▸ **DIRECTIONS FOR THIS TASK**
Find the word "Identity" in the records and copy every line where it occurs.

Stored items
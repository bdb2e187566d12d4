-- ===== src/Provision/Delivery.antt =====
-- A configuration that is sent as the server sends it arrives and is committed
-- (firmware/ephemerkey-provision/src/lib.rs).
use mathlib.Core.List.{append_assoc, append-nil}
use ephemerkey.Common.{
  ℕ, suc, ◌%◌, ◌/◌, ◌+◌, ◌<◌, ◌≤◌, ◌≡◌, refl, ap, sym, ◌∙◌, false, some, ◌==◌, ltb, List, [], ◌∷◌,
  ◌++◌, length, take, drop, u32, arith, take-append, length-append, u32_bytes, get_u32-u32_bytes,
}
use ephemerkey.Wire.{le_bytes, from_le_bytes}
use ephemerkey.Provision.{
  StoreOps, Crates, Identity, Xfer, Provisioner, write_at, config_begin, config_chunk, ok_frame,
}
use ephemerkey.Provision.Session.{begin, chunk, chunk_of, handle, handle_all}

-- The pieces of a blob as frames, from an offset on.
abbrev pub chunk_frames : ℕ → List (List ℕ) → List (ℕ × List ℕ)
chunk_frames off [] = []
chunk_frames off (c ∷ cs) = (config_chunk, le_bytes off ++ c) ∷ chunk_frames (off + length c) cs

abbrev pub joined : List (List ℕ) → List ℕ
joined [] = []
joined (c ∷ cs) = c ++ joined cs

abbrev pub begin_payload : ℕ → ℕ → ℕ → List ℕ
begin_payload len seq crc = le_bytes len ++ (u32_bytes seq ++ u32_bytes crc)

write_at-take :
    (buf got piece : List ℕ)
    → take (length got) buf ≡ got
    → take (length got + length piece) (write_at buf (length got) piece) ≡ got ++ piece
write_at-take buf got piece h = rw h (
    ap (λ (n : ℕ). take n (got ++ (piece ++ drop (length got + length piece) buf)))
      (sym (length-append got piece))
    ∙ (ap (take (length (got ++ piece)))
          (sym (append_assoc got piece (drop (length got + length piece) buf)))
        ∙ take-append (got ++ piece) (drop (length got + length piece) buf)))

module _ {S : Type 0} (ops : StoreOps S) (crates : Crates) where
  pub handle_begin :
      (p : Provisioner S) (len seq crc : ℕ)
      → 0 < len
      → len ≤ 4096
      → seq < 4294967296
      → crc < 4294967296
      → handle ops crates p config_begin (begin_payload len seq crc) ≡ (
        record p { xfer = some (record { len = len; filled = 0; seq_hint = seq; crc = crc }) },
        (ok_frame, []),
      )
  unfolding handle begin
  handle_begin p len seq crc lo hi ls lc =
      let l : from_le_bytes (len % 256) (len / 256) ≡ len = omega arith in
      let z : (len == 0) ≡ false = ground arith in
      let m : ltb 4096 len ≡ false = ground arith in
      let s = get_u32-u32_bytes seq (u32_bytes crc) ls in
      let c = get_u32-u32_bytes crc [] lc in rw (l, z, m, s, c) refl

  handle_chunk :
      (p : Provisioner S) (x : Xfer) (off : ℕ) (piece : List ℕ)
      → p.xfer ≡ some x
      → x.len ≤ 4096
      → off + length piece ≤ x.len
      → handle ops crates p config_chunk (le_bytes off ++ piece) ≡ (
        record p {
          cfg_buf = write_at p.cfg_buf off piece;
          xfer = some (record x { filled = u32 (x.filled + length piece) });
        },
        (ok_frame, []),
      )
  unfolding handle chunk chunk_of
  handle_chunk p x off piece h lx fits =
      let l : from_le_bytes (off % 256) (off / 256) ≡ off = omega arith in
      let short : ltb (suc (suc (length piece))) 2 ≡ false = ground arith in
      let inside : ltb x.len (off + length piece) ≡ false = ground arith in
      rw (ap (λ r. chunk_of ops crates p r (le_bytes off ++ piece)) h)
        (rw (l, inside) (rw short refl))

  -- The bytes that have arrived are at the front of the buffer, and counted.
  pub record Holding (p : Provisioner S) (store : S) (id : Identity) (x : Xfer) (got : List ℕ)
      : Type 0 where
    pub stored : p.store ≡ store
    pub same_id : p.id ≡ id
    pub begun : p.xfer ≡ some (record x { filled = length got })
    pub held : take (length got) p.cfg_buf ≡ got

  chunk-Holding :
      (p : Provisioner S) (store : S) (id : Identity) (x : Xfer) (got piece : List ℕ)
      → Holding p store id x got
      → x.len ≤ 4096
      → length got + length piece ≤ x.len
      → Holding
          (handle ops crates p config_chunk (le_bytes (length got) ++ piece)).0
          store
          id
          x
          (got ++ piece)
  chunk-Holding p store id x got piece h lx fits =
      let n : u32 (length got + length piece) ≡ length (got ++ piece) =
        omega (arith, length-append got piece) in
      let e =
        handle_chunk p (record x { filled = length got }) (length got) piece h.begun lx fits in
      rw e (record {
        stored = h.stored;
        same_id = h.same_id;
        begun = ap (λ k. some (record x { filled = k })) n;
        held =
            ap (λ k. take k (write_at p.cfg_buf (length got) piece)) (length-append got piece)
            ∙ write_at-take p.cfg_buf got piece h.held;
      })

  -- Where the pieces from an offset on leave the device: with the whole in its buffer.
  pub chunks-Holding :
      (cs : List (List ℕ)) (p : Provisioner S) (store : S) (id : Identity) (x : Xfer) (got : List ℕ)
      → Holding p store id x got
      → x.len ≤ 4096
      → length got + length (joined cs) ≤ x.len
      → Holding
          (handle_all ops crates p (chunk_frames (length got) cs)).0
          store
          id
          x
          (got ++ joined cs)
  unfolding handle_all
  chunks-Holding [] p store id x got h lx fits = rw (append-nil got) h
  chunks-Holding (c ∷ cs) p store id x got h lx fits =
      let l = length-append c (joined cs) in
      let step = chunk-Holding p store id x got c h lx (omega arith) in
      let n = length-append got c in
      let rest =
        chunks-Holding cs (handle ops crates p config_chunk (le_bytes (length got) ++ c)).0 store id
          x (got ++ c) step lx (omega arith) in
      rw (sym n, sym (append_assoc got c (joined cs))) rest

▸ **WRITTEN REPLY**
  StoreOps, Crates, Identity, Xfer, Provisioner, write_at, config_begin, config_chunk, ok_frame,
  pub record Holding (p : Provisioner S) (store : S) (id : Identity) (x : Xfer) (got : List ℕ)
      (p : Provisioner S) (store : S) (id : Identity) (x : Xfer) (got piece : List ℕ)
      (cs : List (List ℕ)) (p : Provisioner S) (store : S) (id : Identity) (x : Xfer) (got : List ℕ)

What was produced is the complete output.